Bernard, of course, inherited the Ryder Cup captaincy from Tony Jacklin. “I learned from Tony and picked up where he left off, basically,” said Bernard, who recounted some fascinating anecdotes, none more poignant than his memories of playing with and captaining Seve Ballesteros. “People talk about his great short game,” he said, “but from the moment I first played with Seve when he was 16 years old I always thought of him as a great, long driver of the ball. Seve had everything and I got the best of him in the 1991 Ryder Cup at Kiawah. He was unbelievable that week.”

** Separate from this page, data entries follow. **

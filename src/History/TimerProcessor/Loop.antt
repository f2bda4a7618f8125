-- ===== src/History/TimerProcessor/Loop.antt =====
-- history/internal/service/timer_processor.go, the loop: claim what has expired, sleep until the
-- next timer, and rebuild the timers in Redis from the database now and then.
use mini_workflow.Prelude.{ℕ, ◌+◌, String, Option, none, some, List, [], ◌∷◌, if◌then◌else◌}
use mini_workflow.Prelude.Int.{ℤ, pos, ltz, unix_milli, sub_time, ◌+ℤ◌}
use mini_workflow.Result.{Result, ok, err}
use mini_workflow.History.Models.{Uuid, Timer}
use mini_workflow.History.Backend.{Backend}
use mini_workflow.History.Postgres.Timers.{get_timer_by_id, get_non_fired_timers}
use mini_workflow.History.TimerStore.{TimerStore, claim_expired, rebuild_from_db}
use mini_workflow.History.World.{World, Env, schedule_timer}
use mini_workflow.History.TimerProcessor.{dispatch}

abbrev pub timer_batch_size : ℕ
timer_batch_size = 10

abbrev pub hour : ℤ
hour = pos 3600000000000

abbrev pub with_store : World → TimerStore → World
with_store w s = record w { timer_store = s }

-- What ends the wait: the time, a message, the ticker, or the end of the program.
pub data Signal : Type 0 where
  elapsed woken ticked done : Signal

pub record Round : Type 0 where
  pub claim_env : Env
  pub dispatch_envs : ℕ → Env
  pub wait_env : Env
  pub scavenge_env : Env
  pub signal : Signal

module _ ⦃b : Backend⦄ where
  abbrev pub dispatched : Env → Option Uuid → World → World
  dispatched env none w = w
  dispatched env (some timer_id) w = (dispatch env timer_id w).1

  -- The `k`-th dispatch has surroundings of its own.
  unfoldable pub dispatch_all : (ℕ → Env) → List String → World → World
  dispatch_all envs [] w = w
  dispatch_all envs (id ∷ rest) w =
      dispatch_all (λ k. envs (k + 1)) rest (dispatched (envs 0) (b.parse_uuid id) w)

  abbrev pub claimed : (ℕ → Env) → Result String (List String) × TimerStore → World → World
  claimed envs (err e, s) w = with_store w s
  claimed envs (ok ids, s) w = dispatch_all envs ids (with_store w s)

  unfoldable pub process_expired : Env → (ℕ → Env) → World → World
  process_expired env envs w =
      claimed envs
        (claim_expired (env.redis_fault 0 0) (unix_milli (env.time 0)) timer_batch_size
          w.timer_store)
        w

  abbrev idle : World → ℤ × World
  idle w = (hour, w)

  -- `time.Until`, and no wait for a time that has passed.
  unfoldable pub until : ℤ → ℤ → ℤ
  until now at = let wait = sub_time at now in if ltz wait (pos 0) then pos 0 else wait

  abbrev pub peeked_timer : Env → String → Result String Timer → World → ℤ × World
  peeked_timer env id (err e) w = idle w
  peeked_timer env id (ok t) w =
      (until (env.time 1) t.fire_time, (schedule_timer env 1 id (unix_milli t.fire_time) w).1)

  abbrev pub peeked_id : Env → String → Option Uuid → World → ℤ × World
  peeked_id env id none w = idle w
  peeked_id env id (some timer_id) w =
      peeked_timer env id (get_timer_by_id (env.db_fault 0) timer_id w.db) w

  abbrev pub peeked : Env → Result String (List String) × TimerStore → World → ℤ × World
  peeked env (err e, s) w = idle (with_store w s)
  peeked env (ok [], s) w = idle (with_store w s)
  peeked env (ok (id ∷ _), s) w = peeked_id env id (b.parse_uuid id) (with_store w s)

  -- The next timer is claimed, and put back with the time that the database has for it.
  unfoldable pub next_wait_duration : Env → World → ℤ × World
  next_wait_duration env w =
      peeked env
        (claim_expired (env.redis_fault 0 0) (unix_milli (env.time 0 +ℤ hour) +ℤ pos 1) 1
          w.timer_store)
        w

  abbrev pub rebuilt : Env → Result String (List Timer) → World → World
  rebuilt env (err e) w = w
  rebuilt env (ok timers) w =
      let (_, s) = rebuild_from_db (env.redis_fault 0) timers w.timer_store in with_store w s

  unfoldable pub scavenge : Env → World → World
  scavenge env w = rebuilt env (get_non_fired_timers (env.db_fault 0) (env.time 0 +ℤ hour) w.db) w

  abbrev pub signalled : Env → Signal → World → World
  signalled env ticked w = scavenge env w
  signalled env elapsed w = w
  signalled env woken w = w
  signalled env done w = w

  unfoldable pub run_round : Round → World → World
  run_round r w =
      let (_, w') = next_wait_duration r.wait_env (process_expired r.claim_env r.dispatch_envs w) in
      signalled r.scavenge_env r.signal w'

  -- The loop ends with the round that meets `done`; the rounds that follow are not made.
  unfoldable pub run : List Round → World → World
  run [] w = w
  run (r ∷ rest) w =
      let next = run rest (run_round r w) in elim r.signal [ done ↦ run_round r w | _ ↦ next ]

Meanwhile, George O’Grady spoke of the great contributions to golf and to the Ryder Cup made by the likes of Alliss, Jacklin and Gallacher. “There’s no question Tony Jacklin helped turn the Ryder Cup around,” said O’Grady, “with all those great players behind him. We’ve just built on that. People respect the traditions of the Ryder Cup; it’s a wonderful commodity that inspires generations of boys and girls to take up golf.”
The evening was brought to an end in rather touching fashion as Sir Michael read out a letter to Peter Alliss from golfing legend Jack Burke Jnr, the only surviving member of the 1953 US team. “If I get there (to heaven) before you,” wrote Burke, “I’ll have the gates left open and you can have that game with Ben Hogan.”
And that was that. In the best traditions of light entertainment, the stars of the night departed the stage with the crowd no doubt wanting more. However, as Sir Michael said, “it’s past all our bed times now and we really should be at home with our bed socks on.”